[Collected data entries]
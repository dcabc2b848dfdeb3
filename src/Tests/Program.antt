-- ===== src/Tests/Program.antt =====
-- Runs of the server from its start to its end, and of the program.
use secretstash.Base.{
  lookup, bytes_dec, ℕ_discrete, ◌≡◌, ◌⊎◌, refl, List, [], ◌∷◌, ◌++◌, replicate, none, some, true,
  false, Bytes,
}
use secretstash.Base.Result.{ok, err}
use secretstash.Base.Text.{ascii}
use secretstash.Store.Valid.{IsValid}
use secretstash.Api.Http.{Reply}
use secretstash.Tls.{tls_config}
use secretstash.Web.{Assets}
use secretstash.Server as daemon
use secretstash.Server.{start, load_tls, is_loopback, listen_addr}
use secretstash.Server.Guard.{IsSecure}
use secretstash.Server.Pins.{Pins, load_tls-Pins}
use secretstash.Server.Http.{Site, v1}
use secretstash.Server.Lifecycle.{Event, arrives, ticks, interrupted, wait, run_server}
use secretstash.Server.Lifecycle.History.{run_server-IsValid}
use secretstash.Cli.{Parsed, terminal}
use secretstash.Cli.Commands.{cmd_unwrap, with_flags, with_token}
use secretstash.Cli.Asks.{TokenCommand, name_of, Asks}
use secretstash.Cli.Ends.{Ends}
use secretstash.Cli.Run.{ServerFlags}
use secretstash.Main.{Machine, main, main-Ends, main-Asks}
use secretstash.Tests.Samples.{codec, rand}
use secretstash.Tests.Secrets.{memory, token}
use secretstash.Tests.Wire.{setup, lib, net, network}
use secretstash.Tests.Commands.{certs, config, plain_server, started}
use secretstash.Tests.Traffic.{at, unwrapping}
use secretstash.Tests.Handlers.{server}
use secretstash.Api.{Api}

abbrev missing_page : Reply
missing_page = record { status = 404; headers = []; body = [] }

abbrev assets : Assets
assets = record {
  read_file = λ path. some path;
  not_found = λ req. missing_page;
  file_server = λ req. missing_page;
  mux = λ pages method path. err missing_page;
}

-- A site with the API alone.
abbrev site : Site
site = record {
  setup = setup;
  print = λ n. n ∷ [];
  site_mux = λ parts method path. ok v1;
  assets = assets;
}

abbrev events : List Event
events = arrives (at 1) unwrapping ∷ ticks 2 (λ id. 2) ∷ arrives (at 3) unwrapping ∷ []

served :
    (run_server net certs site (λ s. s) (ok tt) config 0 memory events interrupted).served
    ≡ some (wait site plain_server events)
unfolding run_server
served = rw started refl

run_server-IsValid_example :
    IsValid (wait site plain_server events).state.secrets
    × (IsSecure net certs (wait site plain_server events).tls
        ⊎ ((config.dev ≡ true)
            × ((config.dev_allow_remote ≡ true)
                ⊎ (is_loopback net (listen_addr net certs config.listen) ≡ true))))
run_server-IsValid_example =
    run_server-IsValid net certs site (λ s. s) (ok tt) config 0 memory events interrupted
      (wait site plain_server events) served

abbrev tls_server : daemon.Config
tls_server = record config { dev = false }

-- Twelve bytes of a certificate, and the sum of them for its fingerprint.
abbrev description : Bytes
description =
    ascii "TLS enabled with ephemeral self-signed certificate (never written to disk)\n"
    ++ (ascii "  certificate SHA-256 fingerprint: "
        ++ (replicate 32 12
            ++ ascii "\n  clients: use --tls-skip-verify or pin the fingerprint above"))

made :
    load_tls net certs tls_server 4000000000000
    ≡ ok (some (tls_config (4 ∷ ascii "secretstash")), description)
unfolding load_tls
made = refl

no_files : daemon.none_given tls_server ≡ true
unfolding daemon.none_given
no_files = refl

load_tls-Pins_example :
    Pins net certs tls_server.listen 4000000000000
      (some (tls_config (4 ∷ ascii "secretstash")))
      description
load_tls-Pins_example =
    load_tls-Pins net certs tls_server 4000000000000 (some (tls_config (4 ∷ ascii "secretstash")))
      description refl no_files made

abbrev no_flags : ServerFlags
no_flags = record {
  listen = none;
  tls_cert = none;
  tls_key = none;
  dev = none;
  dev_allow_remote = none;
  real_ip_header = none;
  trust_proxy = none;
  no_ui = none;
  no_metrics = none;
  share_base_url = none;
  max_secret_size = none;
  max_secrets = none;
  default_ttl = none;
  max_ttl = none;
  max_reads = none;
}

-- A command line with no flags.
abbrev no_flags_but : List Bytes → Parsed
no_flags_but args = record {
  text = λ f. none;
  number = λ f. none;
  switch = λ f. none;
  texts = λ f. [];
  args = args;
}

abbrev machine : Machine Api
machine = record {
  lib = record lib { parse_flags = λ command args. ok (no_flags_but args) };
  codec = codec;
  rand = rand;
  rand_error = [];
  network = network (at 3);
  stdin = terminal;
  parse_server_flags = λ args. ok no_flags;
  net = net;
  certs = certs;
  site = site;
  quote = λ s. s;
  shut_down = ok tt;
  now = 0;
  memory = memory;
  events = events;
  ending = interrupted;
}

main-Ends_example : Ends machine.network server (main machine (ascii "unwrap" ∷ token ∷ []) server)
main-Ends_example = main-Ends machine (ascii "unwrap" ∷ token ∷ []) server

main-Asks_example :
    Asks machine.lib machine.network TokenCommand.unwrap
      (token ∷ [])
      server
      (main machine (name_of TokenCommand.unwrap ∷ token ∷ []) server)
main-Asks_example = main-Asks machine TokenCommand.unwrap (token ∷ []) server

-- Without a token there is no request.
unwrap_nothing : (main machine (ascii "unwrap" ∷ []) server).code ≡ 2
unfolding main lookup bytes_dec ℕ_discrete cmd_unwrap with_flags with_token
unwrap_nothing = refl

> YOUR OBJECTIVE
Output the line containing "-- Without a token there is no request." together with all later lines of the entries, exactly as written, through the final line.

> EXERCISE RESULT
-- Without a token there is no request.
unwrap_nothing : (main machine (ascii "unwrap" ∷ []) server).code ≡ 2
unfolding main lookup bytes_dec ℕ_discrete cmd_unwrap with_flags with_token
unwrap_nothing = refl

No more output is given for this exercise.